Source records:
-- ===== src/Tests/Sessions.antt =====
-- Connections that come and go, the slot's recreation, the publisher's start and the schema history.
use excalibase_watcher.Cdc.Event.{Event}
use excalibase_watcher.Postgres.AckGate.{new_ack_gate, enable}
use excalibase_watcher.Postgres.Lag.{new_lag_tracker}
use excalibase_watcher.Postgres.Parser.{Parser}
use excalibase_watcher.Postgres.Slots.{slot_missing}
use excalibase_watcher.Postgres.Snapshot.{validate_identifier}
use excalibase_watcher.Postgres.Streaming.{Session, Keepalive, XLogData, copy_data}
use excalibase_watcher.Postgres.Streaming.Confirmed.{IsOrderly}
use excalibase_watcher.Postgres.Reconnect.{Connection, listen_loop}
use excalibase_watcher.Postgres.Reconnect.Monotone.{IsBounded, listen_loop-Fine}
use excalibase_watcher.Postgres.Setup.{recreate_unusable_slot}
use excalibase_watcher.Postgres.Setup.Recreate.{
  any, drops_slot, creates_slot, is_lost, is_missing, absent, recreate_unusable_slot_lem,
}
use excalibase_watcher.Nats.Stream.{
  verify_stream_if_connected, Attempt, stream_found, lookup_failed, up, down, start, await_stream,
  wait_connected,
}
use excalibase_watcher.Nats.Stream.Awaits.{outcome, pauses_of, start-decides}
use excalibase_watcher.Schema.{HistoryEntry}
use excalibase_watcher.Schema.Store.{
  find, stamped, FileHistoryStore, new_file_history_store, save, get_history,
}
use excalibase_watcher.Schema.Store.History.{appended, get_history-restart}
use excalibase_watcher.Base.{
  ℕ, ◌≤◌, ◌≡◌, refl, inl, Bool, true, false, ◌&&◌, ◌||◌, Option, none, some, List, [], ◌∷◌, arith,
  All, Bytes, codes, decimal, IfSome,
}

abbrev valid : Bytes → Bool
valid _ = true

abbrev parser : Parser
parser = record {
  table_filter = [];
  capture_ddl = false;
  schema_store = none;
  relation_map = [];
  lsn_provider = none;
  txn_final_lsn = 90;
  txn_end_lsn = 100;
}

-- A bus that takes every event.
abbrev takes : Unit {0} → Event → Option (Unit {0} × Bool)
takes bus _ = some (bus, true)

abbrev no_xlog : Bytes → Option XLogData
no_xlog _ = none

abbrev to_200 : Bytes → Option Keepalive
to_200 _ = some (record { server_wal_end = 200; reply_requested = true })

abbrev session : Session (Unit {0})
session = record {
  listener = record {
    parser = parser;
    ack = record (enable new_ack_gate) { confirmable = 150 };
    txn_index = 0;
  };
  bus = tt;
  lag_tracker = new_lag_tracker;
  received_lsn = 180;
  last_flush_sent = 150;
  last_status = 0;
  last_message = 0;
  sent = 150 ∷ 100 ∷ [];
}

-- A connection with one keepalive that then breaks, and one that does not open.
abbrev breaks : Connection
breaks = record {
  running = true;
  opens = true;
  replicates = true;
  started_at = 5;
  rounds =
      record {
        running = true;
        cancelled = false;
        received = some (copy_data b'k' []);
        cancelled_after = false;
        sends = true;
        now = 6;
      }
      ∷ record {
        running = true;
        cancelled = false;
        received = none;
        cancelled_after = false;
        sends = true;
        now = 7;
      }
      ∷ [];
  cancelled = false;
  wakes = true;
}

abbrev connections : List Connection
connections = breaks ∷ record breaks { opens = false } ∷ []

listen_loop-Fine_example :
    IfSome
      (λ l. IsOrderly l.session × All (IsBounded decimal takes to_200 no_xlog valid) l.delays)
      (listen_loop decimal takes to_200 no_xlog valid
        (codes "cdc_publication")
        (codes "cdc_slot")
        1000
        connections
        session)
unfolding enable
listen_loop-Fine_example =
    listen_loop-Fine decimal takes to_200 no_xlog valid (codes "cdc_publication") (codes "cdc_slot")
      1000 connections session (omega arith, omega arith) (omega arith, (omega arith, tt))

recreate_unusable_slot_lem_example :
    (any drops_slot
        (recreate_unusable_slot true
          (codes "cdc_slot")
          slot_missing
          true
          (some false)
          true).statements
      ≡ (true && is_lost slot_missing))
    × (any creates_slot
          (recreate_unusable_slot true
            (codes "cdc_slot")
            slot_missing
            true
            (some false)
            true).statements
        ≡ (true
            && ((is_missing slot_missing || (is_lost slot_missing && true))
                && (validate_identifier (codes "cdc_slot") && absent (some false)))))
recreate_unusable_slot_lem_example =
    recreate_unusable_slot_lem true (codes "cdc_slot") slot_missing true (some false) true

-- The server cannot be reached for a while, then the lookup times out once.
abbrev slow : Attempt
slow = record {
  polls = down ∷ down ∷ up ∷ [];
  lookup = lookup_failed;
  cancelled_after = false;
  sleeps = true;
}

abbrev answers : Attempt
answers = record slow { lookup = stream_found }

abbrev no_jitter : ℕ → ℕ
no_jitter n = 0

start-decides_example :
    (start no_jitter true true false lookup_failed (slow ∷ answers ∷ []) false
      ≡ some (outcome no_jitter stream_found))
    × ((await_stream no_jitter 1 (slow ∷ answers ∷ [])).delays ≡ pauses_of no_jitter 1 (slow ∷ []))
    × All (λ d. d ≤ 30000) (pauses_of no_jitter 1 (slow ∷ []))
unfolding wait_connected verify_stream_if_connected
start-decides_example =
    start-decides no_jitter false lookup_failed (slow ∷ []) answers [] refl
      (record { connects = refl; fails = refl; stays = refl; pauses = refl }, tt) refl (inl refl)
      (λ n h. h)

abbrev users_entry : HistoryEntry
users_entry = record {
  position = codes "0/1";
  schema = codes "public";
  table = codes "users";
  columns = [];
  timestamp = 5;
}

-- A codec that knows one list.
abbrev marshal : List HistoryEntry → Bytes
marshal _ = codes "[users]"

abbrev unmarshal : Bytes → Option (List HistoryEntry)
unmarshal _ = some (users_entry ∷ [])

-- The file holds the history of an earlier run.
abbrev reopened : FileHistoryStore
reopened = new_file_history_store ((codes "public.users", codes "[old]") ∷ [])

get_history-restart_example :
    (get_history marshal unmarshal true
      (codes "public")
      (codes "users")
      (new_file_history_store (save marshal unmarshal 9 true users_entry reopened).0.files)).1
    ≡ some (appended marshal unmarshal 9 users_entry reopened)
unfolding stamped find
get_history-restart_example = get_history-restart marshal unmarshal 9 users_entry reopened refl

What is expected:
Reproduce each line of the data without any change.

Solution to this task:
-- ===== src/Tests/Sessions.antt =====
-- Connections that come and go, the slot's recreation, the publisher's start and the schema history.
use excalibase_watcher.Cdc.Event.{Event}
use excalibase_watcher.Postgres.AckGate.{new_ack_gate, enable}
use excalibase_watcher.Postgres.Lag.{new_lag_tracker}
use excalibase_watcher.Postgres.Parser.{Parser}
use excalibase_watcher.Postgres.Slots.{slot_missing}
use excalibase_watcher.Postgres.Snapshot.{validate_identifier}
use excalibase_watcher.Postgres.Streaming.{Session, Keepalive, XLogData, copy_data}
use excalibase_watcher.Postgres.Streaming.Confirmed.{IsOrderly}
use excalibase_watcher.Postgres.Reconnect.{Connection, listen_loop}
use excalibase_watcher.Postgres.Reconnect.Monotone.{IsBounded, listen_loop-Fine}
use excalibase_watcher.Postgres.Setup.{recreate_unusable_slot}
use excalibase_watcher.Postgres.Setup.Recreate.{
  any, drops_slot, creates_slot, is_lost, is_missing, absent, recreate_unusable_slot_lem,
}
use excalibase_watcher.Nats.Stream.{
  verify_stream_if_connected, Attempt, stream_found, lookup_failed, up, down, start, await_stream,
  wait_connected,
}
use excalibase_watcher.Nats.Stream.Awaits.{outcome, pauses_of, start-decides}
use excalibase_watcher.Schema.{HistoryEntry}
use excalibase_watcher.Schema.Store.{
  find, stamped, FileHistoryStore, new_file_history_store, save, get_history,
}
use excalibase_watcher.Schema.Store.History.{appended, get_history-restart}
use excalibase_watcher.Base.{
  ℕ, ◌≤◌, ◌≡◌, refl, inl, Bool, true, false, ◌&&◌, ◌||◌, Option, none, some, List, [], ◌∷◌, arith,
  All, Bytes, codes, decimal, IfSome,
}

abbrev valid : Bytes → Bool
valid _ = true

abbrev parser : Parser
parser = record {
  table_filter = [];
  capture_ddl = false;
  schema_store = none;
  relation_map = [];
  lsn_provider = none;
  txn_final_lsn = 90;
  txn_end_lsn = 100;
}

-- A bus that takes every event.
abbrev takes : Unit {0} → Event → Option (Unit {0} × Bool)
takes bus _ = some (bus, true)

abbrev no_xlog : Bytes → Option XLogData
no_xlog _ = none

abbrev to_200 : Bytes → Option Keepalive
to_200 _ = some (record { server_wal_end = 200; reply_requested = true })

abbrev session : Session (Unit {0})
session = record {
  listener = record {
    parser = parser;
    ack = record (enable new_ack_gate) { confirmable = 150 };
    txn_index = 0;
  };
  bus = tt;
  lag_tracker = new_lag_tracker;
  received_lsn = 180;
  last_flush_sent = 150;
  last_status = 0;
  last_message = 0;
  sent = 150 ∷ 100 ∷ [];
}

-- A connection with one keepalive that then breaks, and one that does not open.
abbrev breaks : Connection
breaks = record {
  running = true;
  opens = true;
  replicates = true;
  started_at = 5;
  rounds =
      record {
        running = true;
        cancelled = false;
        received = some (copy_data b'k' []);
        cancelled_after = false;
        sends = true;
        now = 6;
      }
      ∷ record {
        running = true;
        cancelled = false;
        received = none;
        cancelled_after = false;
        sends = true;
        now = 7;
      }
      ∷ [];
  cancelled = false;
  wakes = true;
}

abbrev connections : List Connection
connections = breaks ∷ record breaks { opens = false } ∷ []

listen_loop-Fine_example :
    IfSome
      (λ l. IsOrderly l.session × All (IsBounded decimal takes to_200 no_xlog valid) l.delays)
      (listen_loop decimal takes to_200 no_xlog valid
        (codes "cdc_publication")
        (codes "cdc_slot")
        1000
        connections
        session)
unfolding enable
listen_loop-Fine_example =
    listen_loop-Fine decimal takes to_200 no_xlog valid (codes "cdc_publication") (codes "cdc_slot")
      1000 connections session (omega arith, omega arith) (omega arith, (omega arith, tt))

recreate_unusable_slot_lem_example :
    (any drops_slot
        (recreate_unusable_slot true
          (codes "cdc_slot")
          slot_missing
          true
          (some false)
          true).statements
      ≡ (true && is_lost slot_missing))
    × (any creates_slot
          (recreate_unusable_slot true
            (codes "cdc_slot")
            slot_missing
            true
            (some false)
            true).statements
        ≡ (true
            && ((is_missing slot_missing || (is_lost slot_missing && true))
                && (validate_identifier (codes "cdc_slot") && absent (some false)))))
recreate_unusable_slot_lem_example =
    recreate_unusable_slot_lem true (codes "cdc_slot") slot_missing true (some false) true

-- The server cannot be reached for a while, then the lookup times out once.
abbrev slow : Attempt
slow = record {
  polls = down ∷ down ∷ up ∷ [];
  lookup = lookup_failed;
  cancelled_after = false;
  sleeps = true;
}

abbrev answers : Attempt
answers = record slow { lookup = stream_found }

abbrev no_jitter : ℕ → ℕ
no_jitter n = 0

start-decides_example :
    (start no_jitter true true false lookup_failed (slow ∷ answers ∷ []) false
      ≡ some (outcome no_jitter stream_found))
    × ((await_stream no_jitter 1 (slow ∷ answers ∷ [])).delays ≡ pauses_of no_jitter 1 (slow ∷ []))
    × All (λ d. d ≤ 30000) (pauses_of no_jitter 1 (slow ∷ []))
unfolding wait_connected verify_stream_if_connected
start-decides_example =
    start-decides no_jitter false lookup_failed (slow ∷ []) answers [] refl
      (record { connects = refl; fails = refl; stays = refl; pauses = refl }, tt) refl (inl refl)
      (λ n h. h)

abbrev users_entry : HistoryEntry
users_entry = record {
  position = codes "0/1";
  schema = codes "public";
  table = codes "users";
  columns = [];
  timestamp = 5;
}

-- A codec that knows one list.
abbrev marshal : List HistoryEntry → Bytes
marshal _ = codes "[users]"

abbrev unmarshal : Bytes → Option (List HistoryEntry)
unmarshal _ = some (users_entry ∷ [])

-- The file holds the history of an earlier run.
abbrev reopened : FileHistoryStore
reopened = new_file_history_store ((codes "public.users", codes "[old]") ∷ [])

get_history-restart_example :
    (get_history marshal unmarshal true
      (codes "public")
      (codes "users")
      (new_file_history_store (save marshal unmarshal 9 true users_entry reopened).0.files)).1
    ≡ some (appended marshal unmarshal 9 users_entry reopened)
unfolding stamped find
get_history-restart_example = get_history-restart marshal unmarshal 9 users_entry reopened refl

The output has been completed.